---
name: finding-duplicate-functions
description: Use when auditing a codebase for semantic duplication - functions that do the same thing but have different names or implementations. Especially useful for LLM-generated codebases where new functions are often created rather than reusing existing ones.
---

# Finding Duplicate-Intent Functions

## Overview

LLM-generated codebases accumulate semantic duplicates: functions that serve the same purpose but were implemented independently. Classical copy-paste detectors (jscpd) find syntactic duplicates but miss "same intent, different implementation."
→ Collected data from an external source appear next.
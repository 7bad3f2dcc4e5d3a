-- ===== src/ConcurrentByteSet/Examples.antt =====
-- The theorem on two layers of bytes at a concrete input.
use fuzztest.ConcurrentByteSet.{LayeredSet, clear_layers}

abbrev cleared : LayeredSet
cleared = clear_layers 4096 64
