-- ===== src/ControlFlow/Reachability.antt =====
-- ControlFlowGraph::ComputeReachabilityForPc of centipede/control_flow.cc: the loop ends within its
-- fuel, and visits exactly the blocks that a walk along existing successors reaches.
use fuzztest.Common.{
  ℕ, zero, suc, ◌+◌, ◌≤◌, ◌<◌, ◌≡◌, ◌↔◌, ◌∙◌, ◌⊎◌, inl, inr, refl, ap, sym, subst, true, false,
  List, [], ◌∷◌, ◌++◌, some, length, length-append, ◌==◌, if◌then◌else◌, Bool-cases, ==_iff, arith,
}
use mathlib.Core.Logic.{∥∥₁_elim}
use mathlib.Core.Bool.{Bool-set}
use fuzztest.Common.Abort.{done}
use fuzztest.Common.Maps.{find, is_in, find-has_key}
use fuzztest.ControlFlow.{
  Graph, get_successors, exists, existing, reach_loop, num_edges, reach_fuel,
  compute_reachability_for_pc,
}

-- `v` is reached from `pc` along successors that are blocks of the graph.
pub data Reach (g : Graph) (pc : ℕ) : ℕ → Type 0 where
  here : Reach g pc pc
  step :
      {u v : ℕ} (successors : List ℕ)
      → Reach g pc u
      → find u g ≡ some successors
      → is_in v successors ≡ true
      → exists g v ≡ true
      → Reach g pc v

pub is_in-append :
    (v : ℕ) (xs ys : List ℕ)
    → (is_in v (xs ++ ys) ≡ true) ↔ ((is_in v xs ≡ true) ⊎ (is_in v ys ≡ true))
is_in-append v [] ys = ground arith
is_in-append v (x ∷ xs) ys = ground (arith, is_in-append v xs ys)

pub is_in-existing :
    (g : Graph) (v : ℕ) (xs : List ℕ)
    → (is_in v (existing g xs) ≡ true) ↔ ((is_in v xs ≡ true) × (exists g v ≡ true))
unfolding existing
is_in-existing g v [] = ground arith
is_in-existing g v (x ∷ xs) = ground (arith, λ (e : x ≡ v). ap (exists g) e, is_in-existing g v xs)

pub length-existing : (g : Graph) (xs : List ℕ) → length (existing g xs) ≤ length xs
unfolding existing
length-existing g [] = omega arith
length-existing g (x ∷ xs) = ground (arith, length-existing g xs)

-- The edges out of the blocks that are not visited.
unfoldable pub unvisited_edges : List ℕ → Graph → ℕ
unvisited_edges visited [] = 0
unvisited_edges visited ((k, successors) ∷ g) =
    (if is_in k visited then 0 else length successors) + unvisited_edges visited g

unvisited_edges-weaken :
    (visited : List ℕ) (pc : ℕ) (g : Graph)
    → unvisited_edges (pc ∷ visited) g ≤ unvisited_edges visited g
unfolding unvisited_edges
unvisited_edges-weaken visited pc [] = omega arith
unvisited_edges-weaken visited pc ((k, s) ∷ g) = ground (arith, unvisited_edges-weaken visited pc g)

pub unvisited_edges-visit :
    (visited : List ℕ) (pc : ℕ) (g : Graph) (successors : List ℕ)
    → find pc g ≡ some successors
    → is_in pc visited ≡ false
    → unvisited_edges (pc ∷ visited) g + length successors ≤ unvisited_edges visited g
unfolding unvisited_edges
unvisited_edges-visit visited pc [] successors h n = cc
unvisited_edges-visit visited pc ((k, s) ∷ g) successors h n = elim (Bool-cases (k == pc)) [
  | inl e ↦
      let same : k ≡ pc = (==_iff k pc).0 e in
      let eq = rw (e) at h in
      let len : length s ≡ length successors =
        let same_list : s ≡ successors = cc in ap length same_list in
      let new : is_in k visited ≡ false = rw (same) n in
      ground (arith, unvisited_edges-weaken visited pc g)
  | inr e ↦
      let eq = rw (e) at h in ground (arith, unvisited_edges-visit visited pc g successors eq n)
]

record Inv (g : Graph) (pc : ℕ) (visited worklist : List ℕ) : Type 0 where
  source : (is_in pc visited ≡ true) ⊎ (is_in pc worklist ≡ true)
  seen : (v : ℕ) → is_in v visited ≡ true → Reach g pc v
  waiting : (v : ℕ) → is_in v worklist ≡ true → Reach g pc v
  blocks : (v : ℕ) → is_in v worklist ≡ true → exists g v ≡ true
  closed :
      (u v : ℕ) (successors : List ℕ)
      → is_in u visited ≡ true
      → find u g ≡ some successors
      → is_in v successors ≡ true
      → exists g v ≡ true
      → (is_in v visited ≡ true) ⊎ (is_in v worklist ≡ true)

Inv-start : (g : Graph) (pc : ℕ) → exists g pc ≡ true → Inv g pc [] (pc ∷ [])
Inv-start g pc h = record {
  source = inr (ground arith);
  seen = λ v e. cc;
  waiting = λ v e. let same : pc ≡ v = ground arith in subst (Reach g pc) same here;
  blocks = λ v e. let same : pc ≡ v = ground arith in subst (λ w. exists g w ≡ true) same h;
  closed = λ u v s e. cc;
}

is_in-cons : (v x : ℕ) (xs : List ℕ) → (is_in v (x ∷ xs) ≡ true) ↔ ((x ≡ v) ⊎ (is_in v xs ≡ true))
is_in-cons v x xs = ground arith

-- A block that is taken from the work list is in a set that has what was visited and that block.
moved :
    (v x : ℕ) (visited worklist set : List ℕ)
    → ((is_in v visited ≡ true) → is_in v set ≡ true)
    → is_in x set ≡ true
    → (is_in v visited ≡ true) ⊎ (is_in v (x ∷ worklist) ≡ true)
    → (is_in v set ≡ true) ⊎ (is_in v worklist ≡ true)
moved v x visited worklist set old new (inl e) = inl (old e)
moved v x visited worklist set old new (inr e) = elim ((is_in-cons v x worklist).0 e) [
  | inl same ↦ inl (subst (λ w. is_in w set ≡ true) same new)
  | inr later ↦ inr later
]

Inv-skip :
    (g : Graph) (pc x : ℕ) (visited worklist : List ℕ)
    → is_in x visited ≡ true
    → Inv g pc visited (x ∷ worklist)
    → Inv g pc visited worklist
Inv-skip g pc x visited worklist h i = record {
  source = moved pc x visited worklist visited (λ e. e) h source;
  seen = seen;
  waiting = λ v e. waiting v (ground arith);
  blocks = λ v e. blocks v (ground arith);
  closed = λ u v s e f m b. moved v x visited worklist visited (λ o. o) h (closed u v s e f m b);
}
  where
    open i use {source, seen, waiting, blocks, closed}

Inv-visit :
    (g : Graph) (pc x : ℕ) (visited worklist successors : List ℕ)
    → find x g ≡ some successors
    → Inv g pc visited (x ∷ worklist)
    → Inv g pc (x ∷ visited) (worklist ++ existing g successors)
Inv-visit g pc x visited worklist successors h i = record {
  source =
      longer pc
        (moved pc x visited worklist (x ∷ visited) (λ o. ground arith) (ground arith) source);
  seen = λ v e. elim ((is_in-cons v x visited).0 e) [
    | inl same ↦ subst (Reach g pc) same here_x
    | inr old ↦ seen v old
  ];
  waiting = λ v e. elim ((is_in-append v worklist (existing g successors)).0 e) [
    | inl old ↦ waiting v (ground arith)
    | inr new ↦ let (m, b) = (is_in-existing g v successors).0 new in step successors here_x h m b
  ];
  blocks = λ v e. elim ((is_in-append v worklist (existing g successors)).0 e) [
    | inl old ↦ blocks v (ground arith)
    | inr new ↦ ((is_in-existing g v successors).0 new).1
  ];
  closed = λ u v s e f m b. elim ((is_in-cons u x visited).0 e) [
    | inl same ↦
        let eq : find x g ≡ some s = subst (λ w. find w g ≡ some s) (sym same) f in
        let lists : successors ≡ s = let both = sym h ∙ eq in cc in
        let m' = subst (λ l. is_in v l ≡ true) (sym lists) m in
        inr (
          (is_in-append v worklist (existing g successors)).1
            (inr ((is_in-existing g v successors).1 (m', b))))
    | inr old ↦ longer v (
        moved v x visited worklist (x ∷ visited) (λ o. ground arith) (ground arith)
          (closed u v s old f m b))
  ];
}
  where
    open i use {source, seen, waiting, blocks, closed}

    here_x : Reach g pc x
    here_x = waiting x (ground arith)

    longer :
        (v : ℕ)
        → (is_in v (x ∷ visited) ≡ true) ⊎ (is_in v worklist ≡ true)
        → (is_in v (x ∷ visited) ≡ true) ⊎ (is_in v (worklist ++ existing g successors) ≡ true)
    longer v (inl e) = inl e
    longer v (inr e) = inr ((is_in-append v worklist (existing g successors)).1 (inl e))

pub reach_loop-visit :
    (fuel : ℕ) (g : Graph) (x : ℕ) (visited worklist successors : List ℕ)
    → is_in x visited ≡ false
    → find x g ≡ some successors
    → reach_loop (suc fuel) g visited (x ∷ worklist)
      ≡ reach_loop fuel g (x ∷ visited) (worklist ++ existing g successors)
unfolding reach_loop get_successors
reach_loop-visit fuel g x visited worklist successors e f = rw (e, get_successors, f) refl

reach_loop_lem :
    (fuel : ℕ) (g : Graph) (pc : ℕ) (visited worklist : List ℕ)
    → length worklist + unvisited_edges visited g < fuel
    → Inv g pc visited worklist
    → (r : List ℕ) × (reach_loop fuel g visited worklist ≡ done r) × Inv g pc r []
unfolding reach_loop get_successors
reach_loop_lem zero g pc visited worklist b i = absurd (omega arith)
reach_loop_lem (suc fuel) g pc visited [] b i = (visited, refl, i)
reach_loop_lem (suc fuel) g pc visited (x ∷ worklist) b i = elim (Bool-cases (is_in x visited)) [
  | inl e ↦
      let (r, eq, j) =
        reach_loop_lem fuel g pc visited worklist (omega arith)
          (Inv-skip g pc x visited worklist e i) in
      (r, rw (e, eq) refl, j)
  | inr e ↦
      let (successors, f) = find-has_key x g (i.blocks x (ground arith)) in
      let (r, eq, j) =
        reach_loop_lem fuel g pc (x ∷ visited) (worklist ++ existing g successors)
          (omega (
            arith,
            length-append worklist (existing g successors),
            length-existing g successors,
            unvisited_edges-visit visited x g successors f e,
          ))
          (Inv-visit g pc x visited worklist successors f i) in
      (r, reach_loop-visit fuel g x visited worklist successors e f ∙ eq, j)
]

pub unvisited_edges-nil : (g : Graph) → unvisited_edges [] g ≡ num_edges g
unfolding unvisited_edges num_edges
unvisited_edges-nil [] = refl
unvisited_edges-nil ((k, s) ∷ g) = omega (arith, unvisited_edges-nil g)

complete :
    (g : Graph) (pc : ℕ) (visited : List ℕ)
    → Inv g pc visited []
    → {v : ℕ} → Reach g pc v
    → is_in v visited ≡ true
complete g pc visited i here = elim i.source [ inl e ↦ e | inr e ↦ absurd cc ]
complete g pc visited i (step {u} {v} successors r f m b) =
    elim (i.closed u v successors (complete g pc visited i r) f m b) [
      | inl e ↦ e
      | inr e ↦ absurd cc
    ]

-- From a block of the graph the computation returns, within its fuel, a set that has exactly the
-- blocks that the start reaches.
pub compute_reachability_for_pc_lem :
    (g : Graph) (pc : ℕ)
    → exists g pc ≡ true
    → (r : List ℕ) × (compute_reachability_for_pc g pc ≡ done r)
      × ((v : ℕ) → (is_in v r ≡ true) ↔ ∥ Reach g pc v ∥₁)
unfolding compute_reachability_for_pc
compute_reachability_for_pc_lem g pc h =
    let (r, e, i) =
      reach_loop_lem (reach_fuel g) g pc [] (pc ∷ []) (omega (arith, unvisited_edges-nil g))
        (Inv-start g pc h) in
    (r, e, λ v. (λ m. ∣ i.seen v m ∣₁, λ w. ∥∥₁_elim w (Bool-set _ _) (λ x. complete g pc r i x)))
This skill uses a two-phase approach: classical extraction followed by LLM-powered intent clustering.

## When to Use

- Codebase has grown organically with multiple contributors (human or LLM)
- You suspect utility functions have been reimplemented multiple times
- Before major refactoring to identify consolidation opportunities
- After jscpd has been run and syntactic duplicates are already handled

## Quick Reference

| Phase | Tool | Model | Output |
|-------|------|-------|--------|
| 1. Extract | `scripts/extract-functions.sh` | - | `catalog.json` |
| 2. Categorize | `scripts/categorize-prompt.md` | haiku | `categorized.json` |
| 3. Split | `scripts/prepare-category-analysis.sh` | - | `categories/*.json` |
| 4. Detect | `scripts/find-duplicates-prompt.md` | opus | `duplicates/*.json` |
| 5. Report | `scripts/generate-report.sh` | - | `report.md` |

## Process

```dot
digraph duplicate_detection {
  rankdir=TB;
  node [shape=box];

  extract [label="1. Extract function catalog\n./scripts/extract-functions.sh"];
  categorize [label="2. Categorize by domain\n(haiku subagent)"];
  split [label="3. Split into categories\n./scripts/prepare-category-analysis.sh"];
  detect [label="4. Find duplicates per category\n(opus subagent per category)"];
  report [label="5. Generate report\n./scripts/generate-report.sh"];
  review [label="6. Human review & consolidate"];

  extract -> categorize -> split -> detect -> report -> review;
}
```

### Phase 1: Extract Function Catalog

```bash
./scripts/extract-functions.sh src/ -o catalog.json
```

Options:
- `-o FILE`: Output file (default: stdout)
- `-c N`: Lines of context to capture (default: 15)
- `-t GLOB`: File types (default: `*.ts,*.tsx,*.js,*.jsx`)
- `--include-tests`: Include test files (excluded by default)

Test files (`*.test.*`, `*.spec.*`, `__tests__/**`) are excluded by default since test utilities are less likely to be consolidation candidates.

### Phase 2: Categorize by Domain

Dispatch a **haiku** subagent using the prompt in `scripts/categorize-prompt.md`.

Insert the contents of `catalog.json` where indicated in the prompt template. Save output as `categorized.json`.

### Phase 3: Split into Categories

```bash
./scripts/prepare-category-analysis.sh categorized.json ./categories
```

Creates one JSON file per category. Only categories with 3+ functions are worth analyzing.

### Phase 4: Find Duplicates (Per Category)

For each category file in `./categories/`, dispatch an **opus** subagent using the prompt in `scripts/find-duplicates-prompt.md`.

Save each output as `./duplicates/{category}.json`.

### Phase 5: Generate Report

```bash
./scripts/generate-report.sh ./duplicates ./duplicates-report.md
```

Produces a prioritized markdown report grouped by confidence level.

### Phase 6: Human Review

Review the report. For HIGH confidence duplicates:
1. Verify the recommended survivor has tests
2. Update callers to use the survivor
3. Delete the duplicates
4. Run tests

## High-Risk Duplicate Zones

Focus extraction on these areas first - they accumulate duplicates fastest:

| Zone | Common Duplicates |
|------|-------------------|
| `utils/`, `helpers/`, `lib/` | General utilities reimplemented |
| Validation code | Same checks written multiple ways |
| Error formatting | Error-to-string conversions |
| Path manipulation | Joining, resolving, normalizing paths |
| String formatting | Case conversion, truncation, escaping |
| Date formatting | Same formats implemented repeatedly |
| API response shaping | Similar transformations for different endpoints |

## Common Mistakes

**Extracting too much**: Focus on exported functions and public methods. Internal helpers are less likely to be duplicated across files.

**Skipping the categorization step**: Going straight to duplicate detection on the full catalog produces noise. Categories focus the comparison.

**Using haiku for duplicate detection**: Haiku is cost-effective for categorization but misses subtle semantic duplicates. Use Opus for the actual duplicate analysis.

**Consolidating without tests**: Before deleting duplicates, ensure the survivor has tests covering all use cases of the deleted functions.